Magnetic Field Effect on Nanofluid, CFD Simulation, ANSYS Fluent Training (2-D)

Description

The present problem simulates a magnetic field’s effect on a nanofluid in a two-dimensional channel using ANSYS Fluent software. We perform this CFD project and investigate it by CFD analysis.

The present model is designed in two dimensions using Design Modeler software. The model is a channel drawn in two dimensions due to its symmetrical geometry.

This model has a length and width of 0.49 m and 0.01 m; It has an input boundary on the left and an output boundary on the right, and the lower boundary of this area is defined as the central axis. Also adjacent to the channel’s outer wall, a boundary is defined as the fluid and solid region interface.

The meshing of the present model has been done using ANSYS Meshing software. The mesh type is Structured, and the element number equals 9282.

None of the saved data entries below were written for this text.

-- ===== src/Tests/Ranges.antt =====
-- Texts of lists of ranges.
use mpipin.Base.{ℕ, zero, suc, ◌<◌, ◌≡◌, refl, arith, true, false, [], ◌∷◌, Option, none, some}
use mpipin.Base.Errno.{Errno, einval, erange, eoverflow}
use mpipin.Ascii.{Text, codes, decimal_onto, decimal}
use mpipin.Bits.{word_bit}
use mpipin.Word.{bit_not, shl, shr}
use mpipin.Bitops.{
  Words, IsWords, get_bit, ffs, skip_zeros, has_word, found_first, find_loop, find_first_bit,
  find_next_bit, set_bit,
}
use mpipin.Bitmap.{bits_to_longs}
use mpipin.Bitmap.Logic.{write_words}
use mpipin.Bitmap.Fold.{bitmap_zero}
use mpipin.Bitmap.Shift.{shifted_word, shift_words, bitmap_shift_left}
use mpipin.Bitmap.Parse.{
  skip_high, fls, hex_to_bin, chunk_full, add_hex_digit, end_chunk, parse_chars, bitmap_parse,
}
use mpipin.Bitmap.Ranges.{
  Printed, add_digit, set_range, end_range, parse_ranges, parselist, bitmap_parselist, put,
  bscnl_emit, emit_ranges, bitmap_scnlistprintf,
}
use mpipin.Bitmap.Ranges.RoundTrip.{parselist-scnlistprintf, parselist-scnlistprintf_empty}

-- Bits 0 to 3, 7 and 69.
abbrev bits : Words
bits = 143 ∷ 32 ∷ []

print : (buflen : ℕ) → Printed
unfolding bit_not shl shr ffs skip_zeros has_word found_first find_loop find_first_bit find_next_bit
    put bscnl_emit emit_ranges bitmap_scnlistprintf decimal_onto decimal
print buflen = bitmap_scnlistprintf buflen bits 70

printed : print 20 ≡ record { text = codes "0-3,7,69"; len = 8; past_end = false }
unfolding print
printed = refl

-- A buffer of 4 bytes: `len` goes on to the length of the whole text, and past the buffer's end.
cut : print 4 ≡ record { text = codes "0-3"; len = 8; past_end = true }
unfolding print
cut = refl

read : Text → Option Errno × Words
unfolding add_digit set_range end_range parse_ranges parselist bitmap_parselist set_bit shl
    bits_to_longs write_words bitmap_zero
read text = bitmap_parselist 70 text (5 ∷ 5 ∷ [])

ranges_read : read (codes " 0-3,7,69 \nrest") ≡ (none, bits)
unfolding read
ranges_read = refl

-- The errors, and two texts that are accepted though a number is missing.
bad_order : (read (codes "3-1")).0 ≡ some einval
unfolding read
bad_order = refl

bad_space : (read (codes "1 2")).0 ≡ some einval
unfolding read
bad_space = refl

too_large : (read (codes "70")).0 ≡ some erange
unfolding read
too_large = refl

no_number : (read [] ≡ (none, 1 ∷ 0 ∷ [])) × (read (codes "3,,5") ≡ (none, 41 ∷ 0 ∷ []))
unfolding read
no_number = (refl, refl)

read_hex : Text → Option Errno × Words
unfolding skip_high fls hex_to_bin shifted_word shift_words bitmap_shift_left chunk_full
    add_hex_digit end_chunk parse_chars bitmap_parse bit_not shl shr bits_to_longs write_words
    bitmap_zero
read_hex text = bitmap_parse 70 text 4096 (5 ∷ 5 ∷ [])

hex_read : read_hex (codes "20,00000000,0000008F\n") ≡ (none, bits)
unfolding read_hex
hex_read = refl

hex_errors :
    ((read_hex (codes "40,00000000,00000000")).0 ≡ some eoverflow)
    × ((read_hex (codes "123456789")).0 ≡ some eoverflow)
    × ((read_hex (codes "1,,5")).0 ≡ some einval)
unfolding read_hex
hex_errors = (refl, refl, refl)

bits-IsWords : IsWords bits
bits-IsWords zero = omega arith
bits-IsWords (suc zero) = omega arith
bits-IsWords (suc (suc k)) = omega arith

bit_seven : get_bit bits 7 ≡ true
unfolding get_bit word_bit
bit_seven = refl

fits : (bitmap_scnlistprintf 20 bits 70).len < 20
unfolding print
fits = omega arith

parselist-scnlistprintf_example :
    (dst' : Words) × (bitmap_parselist 70 (bitmap_scnlistprintf 20 bits 70).text (5 ∷ 5 ∷ [])
      ≡ (none, dst'))
    × ((i : ℕ) → i < 70 → get_bit dst' i ≡ get_bit bits i)
parselist-scnlistprintf_example =
    parselist-scnlistprintf 20 bits 70 (5 ∷ 5 ∷ []) 7 bits-IsWords (omega arith) (omega arith)
      bit_seven fits (omega arith)

none_set : (i : ℕ) → i < 3 → get_bit (8 ∷ []) i ≡ false
unfolding get_bit word_bit
none_set zero lt = refl
none_set (suc zero) lt = refl
none_set (suc (suc zero)) lt = refl
none_set (suc (suc (suc i))) lt = absurd (omega arith)

one_word : IsWords (8 ∷ [])
one_word zero = omega arith
one_word (suc k) = omega arith

parselist-scnlistprintf_empty_example :
    ((bitmap_scnlistprintf 20 (8 ∷ []) 3).text ≡ [])
    × (bitmap_parselist 3 [] (0 ∷ []) ≡ (none, set_bit 0 (bitmap_zero (0 ∷ []) 3)))
parselist-scnlistprintf_empty_example =
    parselist-scnlistprintf_empty 20 (8 ∷ []) 3 (0 ∷ []) one_word (omega arith) (omega arith)
      (omega arith) none_set
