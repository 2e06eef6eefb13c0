-- ===== src/Tests/Regions.antt =====
-- Searches for clear bits, and the allocation of regions.
use mpipin.Base.{ℕ, zero, suc, ◌≡◌, refl, arith, false, not, [], ◌∷◌}
use mpipin.Base.Errno.{Result, ok, err, enomem, ebusy}
use mpipin.Word.{bit_not, shl, shr}
use mpipin.Bitops.{Words, get_bit, IsWords, ffs, skip_zeros, has_word}
use mpipin.Bitops.Find.{IsFirst}
use mpipin.Bitops.Zero.{ffz, found_first_zero, zero_loop, find_first_zero_bit, find_next_zero_bit}
use mpipin.Bitops.Zero.Flip.{find_first_zero_bit-IsFirst, find_next_zero_bit-IsFirst}
use mpipin.Bitmap.{bits_to_longs}
use mpipin.Bitmap.Logic.{all_clear}
use mpipin.Bitmap.Range.{set_mask, clear_mask}
use mpipin.Bitmap.Region.{
  reg_mask, change_words, reg_op, find_region_from, bitmap_find_free_region, bitmap_release_region,
  bitmap_allocate_region,
}
use mpipin.Bitmap.Region.Allocate.{
  Filled, Allocation, Search, bitmap_allocate_region-Allocation, bitmap_release_region-Filled,
  bitmap_find_free_region-Search,
}

abbrev used : Words
used = 255 ∷ 3 ∷ []

used-IsWords : IsWords used
used-IsWords zero = omega arith
used-IsWords (suc zero) = omega arith
used-IsWords (suc (suc k)) = omega arith

-- The first region of 4 bits that is clear is the third; one of 64 bits is not found.
regions : (Words × Result ℕ) × (Words × Result ℕ) × (Words × Result ℕ)
unfolding shl bit_not bits_to_longs all_clear set_mask clear_mask reg_mask change_words reg_op
    find_region_from bitmap_find_free_region bitmap_release_region bitmap_allocate_region
regions = (
  bitmap_find_free_region used 70 2,
  bitmap_find_free_region used 128 6,
  bitmap_allocate_region used 4 2,
)

regions_found : regions ≡ ((4095 ∷ 3 ∷ [], ok 8), (used, err enomem), (used, err ebusy))
unfolding regions
regions_found = refl

clear_bits : ℕ × ℕ × ℕ
unfolding shl shr bit_not ffs skip_zeros has_word ffz found_first_zero zero_loop find_first_zero_bit
    find_next_zero_bit
clear_bits =
    (find_first_zero_bit used 70, find_next_zero_bit used 70 64, find_next_zero_bit used 66 64)

clear_bits_found : clear_bits ≡ (8, 66, 66)
unfolding clear_bits
clear_bits_found = refl

find_first_zero_bit-IsFirst_example :
    IsFirst (λ i. not (get_bit used i)) 0 70 (find_first_zero_bit used 70)
find_first_zero_bit-IsFirst_example =
    find_first_zero_bit-IsFirst used used-IsWords 70 (omega arith) (omega arith)

find_next_zero_bit-IsFirst_example :
    IsFirst (λ i. not (get_bit used i)) 64 70 (find_next_zero_bit used 70 64)
find_next_zero_bit-IsFirst_example =
    find_next_zero_bit-IsFirst used used-IsWords 70 (omega arith) (omega arith) 64 (omega arith)

bitmap_allocate_region-Allocation_example : Allocation used 8 2 (bitmap_allocate_region used 8 2)
bitmap_allocate_region-Allocation_example =
    bitmap_allocate_region-Allocation used 8 2 refl (omega arith)

bitmap_release_region-Filled_example : Filled false used (bitmap_release_region used 4 2) 4 2
bitmap_release_region-Filled_example = bitmap_release_region-Filled used 4 2 refl (omega arith)

bitmap_find_free_region-Search_example : Search used 70 2 0 (bitmap_find_free_region used 70 2)
bitmap_find_free_region-Search_example =
    bitmap_find_free_region-Search used 70 2 (omega arith) (omega arith)
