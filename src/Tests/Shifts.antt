-- ===== src/Tests/Shifts.antt =====
-- Shifts of bitmaps.
use mpipin.Base.{ℕ, zero, suc, ◌≡◌, refl, arith, ◌&&◌, ltb, [], ◌∷◌}
use mpipin.Word.{shl, shr}
use mpipin.Bitops.{Words, IsWords, get_bit}
use mpipin.Bitmap.{bits_to_longs}
use mpipin.Bitmap.Logic.{write_words}
use mpipin.Bitmap.Kept.{IsMask}
use mpipin.Bitmap.Shift.{
  shifted_word, shift_words, bitmap_shift_left, right_word, bitmap_shift_right,
}
use mpipin.Bitmap.Shift.Back.{shift_right-shift_left}
use mpipin.Bitmap.Shift.Bits.{get_bit-bitmap_shift_left}

-- Bits 0 to 3, 7 and 69.
abbrev bits : Words
bits = 143 ∷ 32 ∷ []

left : (shift : ℕ) → Words
unfolding shl shr bits_to_longs write_words shifted_word shift_words bitmap_shift_left
left shift = bitmap_shift_left (9 ∷ 9 ∷ []) bits shift 100

left_two : left 62 ≡ 0xc000_0000_0000_0000 ∷ 35 ∷ []
unfolding left
left_two = refl

-- A whole word, in which the bit from place 100 on is lost.
left_word : left 64 ≡ 0 ∷ 143 ∷ []
unfolding left
left_word = refl

right : (shift : ℕ) → Words
unfolding shl shr bits_to_longs write_words right_word bitmap_shift_right
right shift = bitmap_shift_right (9 ∷ 9 ∷ []) bits shift 100

right_two : right 2 ≡ 35 ∷ 8 ∷ []
unfolding right
right_two = refl

right_word_off : right 69 ≡ 1 ∷ 0 ∷ []
unfolding right
right_word_off = refl

bits-IsWords : IsWords bits
bits-IsWords zero = omega arith
bits-IsWords (suc zero) = omega arith
bits-IsWords (suc (suc k)) = omega arith

bits-IsMask : IsMask 2 bits
bits-IsMask = record { size = refl; words = bits-IsWords }

get_bit-bitmap_shift_left_example : get_bit (bitmap_shift_left bits bits 62 100) 69 ≡ get_bit bits 7
get_bit-bitmap_shift_left_example =
    get_bit-bitmap_shift_left bits bits-IsMask.words 62 100 bits (omega arith) (omega arith) 69
      (omega arith)

shift_right-shift_left_example :
    get_bit (bitmap_shift_right bits (bitmap_shift_left bits bits 62 100) 62 100) 7
    ≡ (ltb 69 100 && get_bit bits 7)
shift_right-shift_left_example =
    shift_right-shift_left 62 100 7 bits-IsMask bits-IsMask bits-IsMask (omega arith) (omega arith)
      (omega arith)
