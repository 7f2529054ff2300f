-- ===== src/Mux/Window/Receive/Draining.antt =====
-- The end of a half-closed stream (lib/nps_mux/conn.go): each read takes something, or all that is
-- left.
use nps.Prelude.{
  ℕ, ◌-◌, ◌<◌, ◌≡◌, ◌≢◌, refl, sym, ap, ◌∙◌, min, List, [], ◌∷◌, ◌++◌, Option, none, some, false,
  ◌&&◌, ◌⊎◌, length, drop, ltb, ◌==◌, arith, All, inl, inr, subst, if_both, length-take,
  length-drop, length-append, append-nil,
}
use nps.Mux.Window.{u31_mod}
use nps.Mux.Window.Send.{Frame}
use nps.Mux.Window.Receive.Queue.{ReceiveQueue}
use nps.Mux.Window.Receive.Queue
use nps.Mux.Window.Receive.{
  ReceiveWindow, Read, Ending, returned, eof, waiting, copy_from, copied, read_elements,
  read_current, read, stop,
}
use nps.Mux.Window.Receive.Load.{content, unread, load, IsWithin, NotEmpty, IsLive}
use nps.Mux.Window.Receive.Reading.{read-Reads}
use nps.Mux.Window.Receive.HalfClosed.{at_end, copy_from-queue, stopped, read-stop}

-- Nothing is left when a read does not return by itself.
abbrev pub IsDry : Read → Type 0
IsDry r = (r.ending ≡ returned) ⊎ (unread r.window ≡ [])

read_elements-IsDry :
    (es : List Frame) (w : ReceiveWindow) (room : ℕ)
    → w.queue.items ≡ es
    → IsDry (read_elements es w room)
unfolding read_elements Queue.popped
read_elements-IsDry [] w room q = inr (ap content q)
read_elements-IsDry (e ∷ es) w room q =
    let opened = record w { queue = Queue.popped w.queue e es; element = some e; off = 0 } in
    if_both IsDry (ltb (min room (length e.buf)) room && e.part)
      (λ h.
        read_elements-IsDry es (copy_from opened e room).0 (room - min room (length e.buf))
          (ap (λ (q : ReceiveQueue). q.items) (copy_from-queue opened e room)))
      (λ h. inl refl)

read_current-IsDry :
    (o : Option Frame) (w : ReceiveWindow) (room : ℕ) → IsDry (read_current o w room)
unfolding read_current
read_current-IsDry none w room = read_elements-IsDry w.queue.items w room refl
read_current-IsDry (some e) w room =
    let left = room - min room (length e.buf - w.off) in
    if_both IsDry (w.off == length e.buf) (λ h. read_elements-IsDry w.queue.items w room refl)
      λ h.
        if_both IsDry (ltb 0 left && e.part)
          (λ h.
            read_elements-IsDry w.queue.items (copy_from w e room).0 left
              (ap (λ (q : ReceiveQueue). q.items) (copy_from-queue w e room)))
          (λ h. inl refl)

-- What returns by itself has bytes.
abbrev pub IsFed : Read → Type 0
IsFed r = r.ending ≢ returned ⊎ (0 < length r.bytes)

copied_some :
    (off : ℕ) (e : Frame) (room : ℕ)
    → 0 < room
    → off < length e.buf
    → 0 < length (copied off e room)
copied_some off e room some_room inside =
    omega
      (arith, length-take (min room (length e.buf - off)) (drop off e.buf), length-drop off e.buf)

fed :
    (off : ℕ) (e : Frame) (room : ℕ) (more : List ℕ)
    → 0 < room
    → off < length e.buf
    → 0 < length (copied off e room ++ more)
fed off e room more some_room inside =
    omega (arith, length-append (copied off e room) more, copied_some off e room some_room inside)

read_elements-IsFed :
    (es : List Frame) (w : ReceiveWindow) (room : ℕ)
    → 0 < room
    → All NotEmpty es
    → IsFed (read_elements es w room)
unfolding read_elements
read_elements-IsFed [] w room some_room filled =
    inl (if_both (λ x. x ≢ returned) w.queue.stopped (λ h e. cc e) (λ h e. cc e))
read_elements-IsFed (e ∷ es) w room some_room filled =
    if_both IsFed (ltb (min room (length e.buf)) room && e.part)
      (λ h. inr (fed 0 e room _ some_room filled.0))
      (λ h. inr (copied_some 0 e room some_room filled.0))

read_current-IsFed :
    (o : Option Frame) (w : ReceiveWindow) (room : ℕ)
    → 0 < room
    → IsWithin w.off o
    → All NotEmpty w.queue.items
    → IsFed (read_current o w room)
unfolding read_current
read_current-IsFed none w room some_room inside filled =
    read_elements-IsFed w.queue.items w room some_room filled
read_current-IsFed (some e) w room some_room inside filled =
    let left = room - min room (length e.buf - w.off) in
    if_both IsFed (w.off == length e.buf)
      (λ h. read_elements-IsFed w.queue.items w room some_room filled)
      λ h.
        if_both IsFed (ltb 0 left && e.part)
          (λ h'. inr (fed w.off e room _ some_room (ground (arith, h, inside))))
          (λ h'. inr (copied_some w.off e room some_room (ground (arith, h, inside))))

pub read-IsDry : (w : ReceiveWindow) (room : ℕ) → w.closed ≡ false → IsDry (read w room)
unfolding read
read-IsDry w room up =
    if_both IsDry w.closed (λ h. absurd (cc (up, h))) (λ h. read_current-IsDry w.element w room)

pub read-IsFed : (w : ReceiveWindow) (room : ℕ) → 0 < room → IsLive w → IsFed (read w room)
unfolding read
read-IsFed w room some_room v =
    if_both IsFed w.closed (λ h. absurd (cc (v.is_open.0, h)))
      (λ h. read_current-IsFed w.element w room some_room v.inside v.filled)

-- What a read leaves of a window that is half closed: it takes the next bytes and leaves the window
-- half closed, or it takes all that is left and the stream is at its end.
pub data HalfRead (w : ReceiveWindow) (r : Read) : Type 0 where
  goes_on :
      (w' : ReceiveWindow)
      → r.ending ≡ returned
      → r.window ≡ stop w'
      → IsLive w'
      → load w' < u31_mod
      → 0 < length r.bytes
      → r.bytes ++ unread w' ≡ unread w
      → HalfRead w r
  at_its_end : r.ending ≡ eof → r.bytes ≡ unread w → HalfRead w r

all_read :
    (w : ReceiveWindow) (r : Read)
    → r.bytes ++ unread r.window ≡ unread w
    → unread r.window ≡ []
    → r.bytes ≡ unread w
all_read w r order dry = sym (append-nil r.bytes) ∙ ap (◌++◌ r.bytes) (sym dry) ∙ order

by_ending :
    (w : ReceiveWindow) (r : Read) (e : Ending)
    → r.ending ≡ e
    → IsLive r.window
    → load r.window < u31_mod
    → r.bytes ++ unread r.window ≡ unread w
    → IsDry r
    → IsFed r
    → HalfRead w (stopped r)
unfolding stopped
by_ending w r returned h v small order dry (inl other) = absurd (other h)
by_ending w r returned h v small order dry (inr full) =
    goes_on r.window (ap at_end h) refl v small full order
by_ending w r eof h v small order (inl dry) f = absurd (cc (sym h ∙ dry))
by_ending w r eof h v small order (inr dry) f = at_its_end (ap at_end h) (all_read w r order dry)
by_ending w r waiting h v small order (inl dry) f = absurd (cc (sym h ∙ dry))
by_ending w r waiting h v small order (inr dry) f =
    at_its_end (ap at_end h) (all_read w r order dry)

-- Reading a half-closed window.
pub read-HalfRead :
    (w : ReceiveWindow) (room : ℕ)
    → IsLive w
    → load w < u31_mod
    → 0 < room
    → HalfRead w (read (stop w) room)
read-HalfRead w room v small some_room =
    let reads = read-Reads w room v small in
    subst (HalfRead w) (sym (read-stop w room v.is_open.2)) (
      by_ending w (read w room) (read w room).ending refl reads.live
        (omega (arith, reads.load_kept, small)) reads.in_order (read-IsDry w room v.is_open.0)
        (read-IsFed w room some_room v))
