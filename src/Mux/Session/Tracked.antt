-- ===== src/Mux/Session/Tracked.antt =====
-- Where the connections of a Mux (lib/nps_mux) that are not closed stand: each can be found by what
-- closes connections.
use nps.Prelude.{
  ℕ, ◌≡◌, refl, sym, ap, ◌∙◌, some, List, [], ◌∷◌, Bool, true, false, ◌⊎◌, inl, inr, Bool-cases,
  get_or, set, get_or-set_ne, get_or-set_same, ◌==◌, ==_iff, subst, arith, if_both,
}
use nps.Mux.Packet.{Packet}
use nps.Mux.Priority
use nps.Mux.Session.ConnMap
use nps.Mux.Session.ConnMap.{In, get-delete_ne, get-connections}
use nps.Mux.Session.{Conn, holds, offers, ended, Mux, no_conn, conn_at, put_conn, send_packet}

abbrev pub IsOpen : Mux → ℕ → Type 0
IsOpen m c = (conn_at m c).is_close ≡ false

-- A connection waits in newConnQueue, or is the one that the goroutine took from it; on an open mux
-- it may be in the map, on a closed one it may be the one that the goroutine offers.
pub data Located (m : Mux) (c : ℕ) : Type 0 where
  queued : In c m.new_conn_queue → Located m c
  held : m.loop ≡ holds c → Located m c
  offered : m.is_close ≡ true → m.loop ≡ offers c → Located m c
  mapped : m.is_close ≡ false → ConnMap.get m.conn_map (conn_at m c).id ≡ some c → Located m c

-- Not closed, or on its way to the map.
abbrev pub Live : Mux → ℕ → Type 0
Live m c = IsOpen m c ⊎ In c m.new_conn_queue ⊎ (m.loop ≡ holds c)

-- No two of these have the same number.
abbrev pub Distinct : Mux → Type 0
Distinct m = (c d : ℕ) → Live m c → Live m d → (conn_at m c).id ≡ (conn_at m d).id → c ≡ d

-- Some connections are about to be closed; all others that are not closed can be found.
pub record Inv (m : Mux) (pending : List ℕ) : Type 0 where
  pub tracked : (c : ℕ) → IsOpen m c → In c pending ⊎ Located m c
  pub distinct : Distinct m
  pub stops : m.queue_stop ≡ m.is_close
  pub finished : m.loop ≡ ended → (m.is_close ≡ true) × (m.new_conn_queue ≡ [])

-- The two states differ at most in what a packet or a user leaves in a connection.
pub record Alike (m m' : Mux) : Type 0 where
  pub is_close : m'.is_close ≡ m.is_close
  pub conn_map : m'.conn_map ≡ m.conn_map
  pub queue : m'.new_conn_queue ≡ m.new_conn_queue
  pub stop : m'.queue_stop ≡ m.queue_stop
  pub loop : m'.loop ≡ m.loop
  pub closed : (c : ℕ) → (conn_at m' c).is_close ≡ (conn_at m c).is_close
  pub ids : (c : ℕ) → (conn_at m' c).id ≡ (conn_at m c).id

Alike-Located : (m m' : Mux) (c : ℕ) → Alike m m' → Located m c → Located m' c
unfolding ConnMap.get conn_at
Alike-Located m m' c a (queued h) = queued (subst (In c) (sym a.queue) h)
Alike-Located m m' c a (held h) = held (a.loop ∙ h)
Alike-Located m m' c a (offered e h) = offered (a.is_close ∙ e) (a.loop ∙ h)
Alike-Located m m' c a (mapped e h) = mapped (a.is_close ∙ e) (rw (a.conn_map, a.ids c) h)

pub fewer-Distinct :
    (m m' : Mux)
    → ((c : ℕ) → Live m' c → Live m c)
    → ((c : ℕ) → (conn_at m' c).id ≡ (conn_at m c).id)
    → Distinct m
    → Distinct m'
fewer-Distinct m m' fewer ids h c d lc ld e =
    h c d (fewer c lc) (fewer d ld) (sym (ids c) ∙ e ∙ ids d)

Alike-Live : (m m' : Mux) (c : ℕ) → Alike m m' → Live m' c → Live m c
Alike-Live m m' c a (inl o) = inl (sym (a.closed c) ∙ o)
Alike-Live m m' c a (inr (inl h)) = inr (inl (subst (In c) a.queue h))
Alike-Live m m' c a (inr (inr h)) = inr (inr (sym a.loop ∙ h))

pub Alike-Inv : (m m' : Mux) (ps : List ℕ) → Alike m m' → Inv m ps → Inv m' ps
Alike-Inv m m' ps a v = record {
  tracked = λ c o. elim (v.tracked c (sym (a.closed c) ∙ o)) [
    | inl p ↦ inl p
    | inr l ↦ inr (Alike-Located m m' c a l)
  ];
  distinct = fewer-Distinct m m' (λ c. Alike-Live m m' c a) a.ids v.distinct;
  stops = a.stop ∙ v.stops ∙ sym a.is_close;
  finished = λ e. let (s, q) = v.finished (sym a.loop ∙ e) in (a.is_close ∙ s, a.queue ∙ q);
}

pub same-Alike : (m : Mux) → Alike m m
same-Alike m = record {
  is_close = refl;
  conn_map = refl;
  queue = refl;
  stop = refl;
  loop = refl;
  closed = λ c. refl;
  ids = λ c. refl;
}

pub Alike-trans : (m m' m'' : Mux) → Alike m m' → Alike m' m'' → Alike m m''
Alike-trans m m' m'' a b = record {
  is_close = b.is_close ∙ a.is_close;
  conn_map = b.conn_map ∙ a.conn_map;
  queue = b.queue ∙ a.queue;
  stop = b.stop ∙ a.stop;
  loop = b.loop ∙ a.loop;
  closed = λ c. b.closed c ∙ a.closed c;
  ids = λ c. b.ids c ∙ a.ids c;
}

pub requeued-Alike : (m : Mux) (q : Priority.Queue) → Alike m (record m { write_queue = q })
unfolding conn_at
requeued-Alike m q = record {
  is_close = refl;
  conn_map = refl;
  queue = refl;
  stop = refl;
  loop = refl;
  closed = λ c. refl;
  ids = λ c. refl;
}

pub send_packet-Alike : (m : Mux) (p : Packet) → Alike m (send_packet m p).1
unfolding send_packet
send_packet-Alike m p =
    if_both (λ (r : Bool × Mux). Alike m r.1) m.is_close (λ e. same-Alike m)
      λ e. requeued-Alike m (Priority.push m.write_queue p).0

-- What a write keeps of its own connection it keeps of all.
pub kept_at :
    {X : Type 0} (m : Mux) (c : ℕ) (conn : Conn) (f : Conn → X) (d : ℕ)
    → f conn ≡ f (conn_at m c)
    → f (conn_at (put_conn m c conn) d) ≡ f (conn_at m d)
unfolding conn_at
kept_at m c conn f d h = elim (Bool-cases (c == d)) [
  | inl here ↦
      subst (λ k. f (get_or (set m.conns c conn) k no_conn) ≡ f (get_or m.conns k no_conn))
        ((==_iff c d).0 here)
        (elim (get_or-set_same m.conns c conn no_conn) [ inl p ↦ ap f p ∙ h | inr p ↦ ap f p ])
  | inr there ↦ ap f (get_or-set_ne m.conns conn no_conn (ground (arith, there)))
]

-- The state of the connection alone, where it stays as open as it was, and keeps its number.
pub put_conn-Alike :
    (m : Mux) (c : ℕ) (conn : Conn)
    → conn.is_close ≡ (conn_at m c).is_close
    → conn.id ≡ (conn_at m c).id
    → Alike m (put_conn m c conn)
unfolding conn_at
put_conn-Alike m c conn e i = record {
  is_close = refl;
  conn_map = refl;
  queue = refl;
  stop = refl;
  loop = refl;
  closed = λ d. kept_at m c conn (λ k. k.is_close) d e;
  ids = λ d. kept_at m c conn (λ k. k.id) d i;
}

pub weaken : (m : Mux) (c : ℕ) (ps : List ℕ) → Inv m ps → Inv m (c ∷ ps)
weaken m c ps v = record {
  tracked = λ d o. elim (v.tracked d o) [ inl p ↦ inl (inr p) | inr l ↦ inr l ];
  distinct = v.distinct;
  stops = v.stops;
  finished = v.finished;
}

Magnetic Field Methodology

Whenever particles of metal or alloy with tiny dimensions around the nano-scale are mixed inside the base fluid, nanofluid is produced that can have applications such as enhancing heat transfer due to the metals’ conductivity.

Also, in this simulation, the effect of a magnetic field on the nanofluid behavior and its heat transfer has been investigated. Therefore, the magnetic hydro-dynamic model or MHD has been used. The magnetic induction method has been used in the present work to define the magnetic field.

When this method is used, an external magnetic field is generated to apply a specific magnetic flux in different Cartesian coordinates’ directions.

The nanofluid defined in the model is made of iron oxide called Fe3O4 and contains 2% nanoparticles. This applied nanofluid has a density of 1081.158 kg/m3, a specific heat capacity equal to 3841 j/kg.K, a thermal conductivity equal to 0.640835 W/m.K, and a viscosity equal to 0.001055 kg/m.s Is.

A constant magnetic field is used in the present work, and the magnetic flux equivalent to 1 tesla is defined only along the y-axis or the same as the channel radius.

In terms of boundary conditions, the insulation condition is used for the outer wall of the channel, i.e., no electric current passes, and also for the inner wall and the common boundary between the solid and fluid parts of the model, the Coupling condition is used to transmit electric current bilaterally.

The nanofluid stream enters the channel with a velocity of 0.0837 ms-1 and a temperature of 300 K. It exits the canal with a pressure equal to atmospheric pressure. The channel’s outer wall also has a constant thermal temperature condition of a temperature equal to 320 K.

The laminar model and the energy equation are enabled to solve the turbulent fluid equation and calculate temperature distribution inside the domain, respectively.

Magnetic Field Conclusion

At the end of the solution process, we obtain two-dimensional contours related to pressure, velocity, temperature, and magnetic field in horizontal and vertical directions in the model.

Also, we obtain the diagram of the perpendicular magnetic field changes in the longitudinal direction of the central axis of the channel. The present results show the effect of applying a magnetic field and thermal boundary condition on nanofluid flow and its heat transfer.